Transcribe exactly, and only, the lines from the one containing "else elim (relative_slot_from_name" through the last line of the data.

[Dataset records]
########

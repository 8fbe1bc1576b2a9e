-- ===== src/Workspaces.antt =====
-- crates/tsk-core/src/workspaces.rs: workspace names, their slots, and the names of a taskspace.
-- `u32` values are numbers; the lemmas bound them where they are printed or parsed.
pub mod Names
pub mod Bar
pub mod Owner
pub mod Primary
use hypr_taskspace.Prelude.{
  ℕ, zero, suc, ◌-◌, ◌∷◌, [], ◌++◌, List, map, Bool, true, false, ◌&&◌, not, Option, none, some,
  if◌then◌else◌, leb, ℕ_eq, filter, find, any, contains, get_elem?, head?, ◌==◌,
}
use hypr_taskspace.Prelude.Text.{Text, codes, text_eq, Text_eq, is_empty, starts_with}
use hypr_taskspace.Prelude.Decimal.{to_string, parse_u32}
use hypr_taskspace.Prelude.Dict.{values}
use hypr_taskspace.Models.{ContextMode, SessionState, Task, default, task, is_archived}

-- `count` numbers from `lo` on: `(1..=count)` is `count_from 1 count`.
abbrev pub count_from : ℕ → ℕ → List ℕ
count_from lo zero = []
count_from lo (suc count) = lo ∷ count_from (suc lo) count

abbrev pub is_some_and {ℓ} : {A : Type ℓ} → (A → Bool) → Option A → Bool
is_some_and p none = false
is_some_and p (some a) = p a

-- `rsplit_once(sep)`: the text before and behind the last separator
unfoldable pub rsplit_once : ℕ → Text → Option (Text × Text)
rsplit_once sep [] = none
rsplit_once sep (c ∷ s) = elim (rsplit_once sep s) [
  | some (before, behind) ↦ some (c ∷ before, behind)
  | none ↦ if c == sep then some ([], s) else none
]

unfoldable pub default_taskspace_workspace_name : ℕ → Text
default_taskspace_workspace_name relative = to_string relative

unfoldable pub default_taskspace_workspace_names : ℕ → List Text
default_taskspace_workspace_names count = map default_taskspace_workspace_name (count_from 1 count)

unfoldable pub is_global_workspace_slot : ℕ → List ℕ → Bool
is_global_workspace_slot slot global_slots = contains global_slots slot

unfoldable pub is_global_workspace_name : Text → SessionState → Bool
is_global_workspace_name name state =
    is_some_and (λ slot. is_global_workspace_slot slot state.global_workspace_slots)
      (parse_u32 name)

unfoldable pub is_default_taskspace_workspace_name : Text → ℕ → Bool
is_default_taskspace_workspace_name name workspace_count =
    is_some_and (λ n. leb 1 n && leb n workspace_count) (parse_u32 name)

unfoldable pub task_workspace_name : Text → ℕ → Text
task_workspace_name task_id relative = task_id ++ b'-' ∷ to_string relative

unfoldable pub task_workspace_names : Text → ℕ → List Text
task_workspace_names task_id count = map (task_workspace_name task_id) (count_from 1 count)

unfoldable pub primary_task_workspace_slot : ℕ → List ℕ → ℕ
primary_task_workspace_slot default_workspace_count global_slots =
    elim (find (λ slot. not (is_global_workspace_slot slot global_slots))
      (count_from 1 default_workspace_count)) [ some slot ↦ slot | none ↦ 1 ]

unfoldable pub primary_task_workspace : Text → ℕ → List ℕ → Text
primary_task_workspace task_id default_workspace_count global_slots =
    task_workspace_name task_id (primary_task_workspace_slot default_workspace_count global_slots)

unfoldable pub task_owned_workspace_names : Text → ℕ → List ℕ → List Text
task_owned_workspace_names task_id default_workspace_count global_slots =
    map (task_workspace_name task_id) (
      filter (λ slot. not (is_global_workspace_slot slot global_slots))
        (count_from 1 default_workspace_count))

-- The name of one slot in a task's taskspace.
unfoldable pub slot_name : SessionState → Text → ℕ → Text
slot_name state task_id slot =
    if is_global_workspace_slot slot state.global_workspace_slots
    then default_taskspace_workspace_name slot
    else task_workspace_name task_id slot

unfoldable pub task_taskspace_workspace_names : SessionState → Text → List Text
task_taskspace_workspace_names state task_id =
    map (slot_name state task_id) (count_from 1 state.default_workspace_count)

unfoldable pub relative_slot_from_name : Text → Option ℕ
unfolding rsplit_once
relative_slot_from_name name = elim (parse_u32 name) [
  | some n ↦ some n
  | none ↦ elim (rsplit_once b'-' name) [ none ↦ none | some (_, rel) ↦ parse_u32 rel ]
]

unfoldable pub workspace_display_label : Text → Text
workspace_display_label name =
    let rel : ℕ = elim (relative_slot_from_name name) [ none ↦ 0 | some n ↦ n ] in
    if rel == 10 then codes "0" else if leb 1 rel then to_string rel else name

-- Whether a task claims the workspace, by the prefix of the name.
unfoldable pub claims : Text → Task → Bool
claims name t = not (is_archived t.status) && starts_with (t.id ++ b'-' ∷ []) name

unfoldable pub task_for_workspace_name : SessionState → Text → Option Task
unfolding claims
task_for_workspace_name state name =
    if is_default_taskspace_workspace_name name state.default_workspace_count
    then none
    else find (claims name) (values state.tasks)

unfoldable pub is_managed_workspace_name : SessionState → Text → Bool
is_managed_workspace_name state name =
    if is_empty name
    then false
    else if is_default_taskspace_workspace_name name state.default_workspace_count
    then true
    else is_some_and (λ _. true) (task_for_workspace_name state name)

-- The names of the context with a mode and a task.
unfoldable pub context_names : SessionState → ContextMode → Option Text → List Text
context_names state default id = default_taskspace_workspace_names state.default_workspace_count
context_names state task none = default_taskspace_workspace_names state.default_workspace_count
context_names state task (some id) = task_taskspace_workspace_names state id

unfoldable pub allowed_workspace_names : SessionState → List Text
unfolding context_names
allowed_workspace_names state = context_names state state.context_mode state.current_task_id

unfoldable pub bar_workspace_names : SessionState → List Text
bar_workspace_names state = allowed_workspace_names state

-- What a name that is not on the bar maps to, by its slot.
unfoldable pub resolve_by_slot : Text → SessionState → List Text → ℕ → Option Text
resolve_by_slot hypr_name state bar_names rel =
    if is_some_and
        (λ _. is_default_taskspace_workspace_name hypr_name state.default_workspace_count)
        (parse_u32 hypr_name)
      && not (contains bar_names hypr_name)
    then none
    else if is_global_workspace_slot rel state.global_workspace_slots
        && contains bar_names (default_taskspace_workspace_name rel)
    then some (default_taskspace_workspace_name rel)
    else get_elem? bar_names (rel - 1)

unfoldable pub resolve_bar_workspace_name : Text → SessionState → List Text → Option Text
unfolding resolve_by_slot
resolve_bar_workspace_name hypr_name state bar_names =
    if contains bar_names hypr_name
    then some hypr_name
    else elim (relative_slot_from_name hypr_name) [
      | none ↦ none
      | some rel ↦ resolve_by_slot hypr_name state bar_names rel
    ]

unfoldable pub bar_active_workspace_name : Text → SessionState → List Text → Text
bar_active_workspace_name active_hypr_name state bar_names =
    elim (resolve_bar_workspace_name active_hypr_name state bar_names) [
      | some name ↦ name
      | none ↦ elim (head? bar_names) [ some name ↦ name | none ↦ codes "1" ]
    ]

########

● **SOLUTION TO THIS TASK**:
    else elim (relative_slot_from_name hypr_name) [
      | none ↦ none
      | some rel ↦ resolve_by_slot hypr_name state bar_names rel
    ]

unfoldable pub bar_active_workspace_name : Text → SessionState → List Text → Text
bar_active_workspace_name active_hypr_name state bar_names =
    elim (resolve_bar_workspace_name active_hypr_name state bar_names) [
      | some name ↦ name
      | none ↦ elim (head? bar_names) [ some name ↦ name | none ↦ codes "1" ]
    ]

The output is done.